What

Sometimes you have a need to receive or send large files in chunks. To do this properly you don’t want to hold the whole file in memory or save it to disk. Ideally, you would use a stream that processes that file in chunks as it’s being read or written. I had this need at work and it was hard to find good examples of this done in Python with Flask - since that’s what our machine learning (ML) applications use. I’ve put a small example in this repo.

How It Works

Flask’s request has a stream, that will have the file data you are uploading. You can read from it treating it as a file-like object. The trick seems to be that you shouldn’t use other request attributes like request.form or request.file because this will materialize the stream into memory/file. Flask by default saves files to disk if they exceed 500Kb, so don’t touch file.

Example

You can follow the README to try out the project. I’m posting the same code here for convenience. There are 3 scenarios covered:

  • Upload file to disk
  • Download from a URL, could be replaced with a file instead of URL
  • Proxy - pipe it from a client to this server and to another server
from flask import Flask
from flask import Response
from flask import stream_with_context
import requests
from flask import request

app = Flask(__name__)


# Upload file as stream to a file.
@app.route("/upload", methods=["POST"])
def upload():
    with open("/tmp/output_file", "bw") as f:
        chunk_size = 4096
        while True:
            chunk = request.stream.read(chunk_size)
            if len(chunk) == 0:
                return
            f.write(chunk)


# Download from provided URL.
@app.route('/<path:url>')
def download(url):
    req = requests.get(url, stream=True)
    return Response(stream_with_context(req.iter_content()), content_type=req.headers['content-type'])
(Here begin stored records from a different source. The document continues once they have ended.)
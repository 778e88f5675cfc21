-- ===== src/TcpIp/Stack/Sane.antt =====
-- An invariant of the sockets, kept by every call and every packet.
use feather_os.Prelude.{
  ℕ, suc, ◌≤◌, ◌≡◌, refl, ap, ◌∙◌, inl, inr, Bool, true, false, Option, none, some, List, [], ◌∷◌,
  arith, ◌==◌, Bool-cases, length,
}
use feather_os.TcpIp.Address.{IpAddr}
use feather_os.TcpIp.Socket.{
  TcpState, established, Socket, tcp_buf_size, tcp_send, tcp_recv, udp_recvfrom, socket_recv,
  Segment, tcp_segment,
}
use feather_os.TcpIp.Stack.{NetStack, find, put, socket_bind, tcp_listen, remove}
use feather_os.TcpIp.Stack.Receive.{Datagram, udp_datagram}

abbrev pub is_established : TcpState → Bool
is_established established = true
is_established _ = false

-- No connection waits to be accepted, none is established, and the lengths are within the buffers.
pub record IsSane (s : Socket) : Type 0 where
  pub quiet : s.accept_count ≡ 0
  pub unestablished : is_established s.tcp_state ≡ false
  pub send_fits : s.send_len ≤ tcp_buf_size
  pub recv_fits : s.recv_len ≤ tcp_buf_size

abbrev pub AllSane : List Socket → Type 0
AllSane [] = Unit
AllSane (s ∷ ss) = IsSane s × AllSane ss

-- What a pointer leads to: a sane socket.
abbrev pub Found : Option Socket → Type 0
Found none = Unit
Found (some s) = IsSane s

pub find-Found : (fd : ℕ) (ss : List Socket) → AllSane ss → Found (find fd ss)
unfolding find
find-Found fd [] all = tt
find-Found fd (s ∷ ss) (sane, all) = elim (Bool-cases (s.fd == fd)) [
  | inl here ↦ rw here sane
  | inr on ↦ rw on (find-Found fd ss all)
]

-- A socket that is found can be taken out of the list.
pub length-remove :
    (fd : ℕ) (ss : List Socket) (s : Socket)
    → find fd ss ≡ some s
    → suc (length (remove fd ss)) ≡ length ss
unfolding find remove
length-remove fd [] s e = absurd (ground arith)
length-remove fd (t ∷ ts) s e = elim (Bool-cases (t.fd == fd)) [
  | inl here ↦
      let taken : remove fd (t ∷ ts) ≡ ts = rw (remove, here) refl in ap (λ l. suc (length l)) taken
  | inr on ↦
      let kept : remove fd (t ∷ ts) ≡ t ∷ remove fd ts = rw (remove, on) refl in
      let found : find fd ts ≡ some s = rw (find, on) at e in
      ap (λ l. suc (length l)) kept ∙ ap suc (length-remove fd ts s found)
]

pub put-AllSane : (s : Socket) (ss : List Socket) → IsSane s → AllSane ss → AllSane (put s ss)
unfolding put
put-AllSane s [] sane all = tt
put-AllSane s (t ∷ ts) sane all = elim (Bool-cases (t.fd == s.fd)) [
  | inl here ↦ rw here (sane, all.1)
  | inr on ↦ rw on (all.0, put-AllSane s ts sane all.1)
]

pub length-put : (s : Socket) (ss : List Socket) → length (put s ss) ≡ length ss
unfolding put
length-put s [] = refl
length-put s (t ∷ ts) = elim (Bool-cases (t.fd == s.fd)) [
  | inl here ↦ rw here refl
  | inr on ↦ rw on (ap suc (length-put s ts))
]

pub remove-AllSane : (fd : ℕ) (ss : List Socket) → AllSane ss → AllSane (remove fd ss)
unfolding remove
remove-AllSane fd [] all = tt
remove-AllSane fd (s ∷ ss) all = elim (Bool-cases (s.fd == fd)) [
  | inl here ↦ rw here all.1
  | inr on ↦ rw on (all.0, remove-AllSane fd ss all.1)
]

-- The sockets are sane, and `socket_count` counts them.
pub record IsSaneStack (st : NetStack) : Type 0 where
  pub all_sane : AllSane st.sockets
  pub counted : st.socket_count ≡ length st.sockets

pub socket_bind-IsSane :
    (addr : Option IpAddr) (port : ℕ) (s : Socket) → IsSane s → IsSane (socket_bind addr port s).0
unfolding socket_bind
socket_bind-IsSane none port s v = record {
  quiet = v.quiet;
  unestablished = v.unestablished;
  send_fits = v.send_fits;
  recv_fits = v.recv_fits;
}
socket_bind-IsSane (some a) port s v = record {
  quiet = v.quiet;
  unestablished = v.unestablished;
  send_fits = v.send_fits;
  recv_fits = v.recv_fits;
}

pub tcp_send-IsSane :
    (bytes : Option (ℕ → ℕ)) (len : ℕ) (s : Socket) → IsSane s → IsSane (tcp_send s bytes len).0
unfolding tcp_send
tcp_send-IsSane none len s v = v
tcp_send-IsSane (some bytes) len s v = ground arith

pub socket_recv-IsSane : (len : ℕ) (s : Socket) → IsSane s → IsSane (socket_recv s len).0
unfolding socket_recv tcp_recv udp_recvfrom
socket_recv-IsSane len s v = ground arith

pub tcp_segment-IsSane : (seg : Segment) (s : Socket) → IsSane s → IsSane (tcp_segment seg s).0
unfolding tcp_segment
tcp_segment-IsSane seg s v = ground arith

pub udp_datagram-IsSane : (d : Datagram) (s : Socket) → IsSane s → IsSane (udp_datagram d s).0
unfolding udp_datagram
udp_datagram-IsSane d s v = ground arith

pub tcp_listen-IsSane : (s : Socket) → IsSane s → IsSane (tcp_listen s).0
unfolding tcp_listen
tcp_listen-IsSane s v = record {
  quiet = refl;
  unestablished = refl;
  send_fits = v.send_fits;
  recv_fits = v.recv_fits;
}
# Proxy uploaded files as stream to another web API without saving them to disk or holding them in memory.
# This example uses multipart form data upload for both this API and destination API.
#
# Test this endpoint with:
# curl -F "file=@some_binary_file.pdf" http://127.0.0.1:5000/proxy
@app.route("/proxy", methods=["POST"])
def proxy():
    # use data=... or files=..., etc in the call below - this affects the way data is POSTed: form-encoded for `data`,
    # multipart encoding for `files`. See the code/docs for more details here:
    # https://github.com/requests/requests/blob/master/requests/api.py#L16
    resp = requests.post('http://destination_host/upload_api', files={'file': request.stream})
    return resp.text, resp.status_code


if __name__ == '__main__':
    app.run()

Other Options

I’m more of a Scala guy rather than Python, so I couldn’t stop myself from posting an example of Scala multipart file upload using Spray/Akka-HTTP:

  case class MyFile(name: String, filename: Option[String], bytes: Array[Byte])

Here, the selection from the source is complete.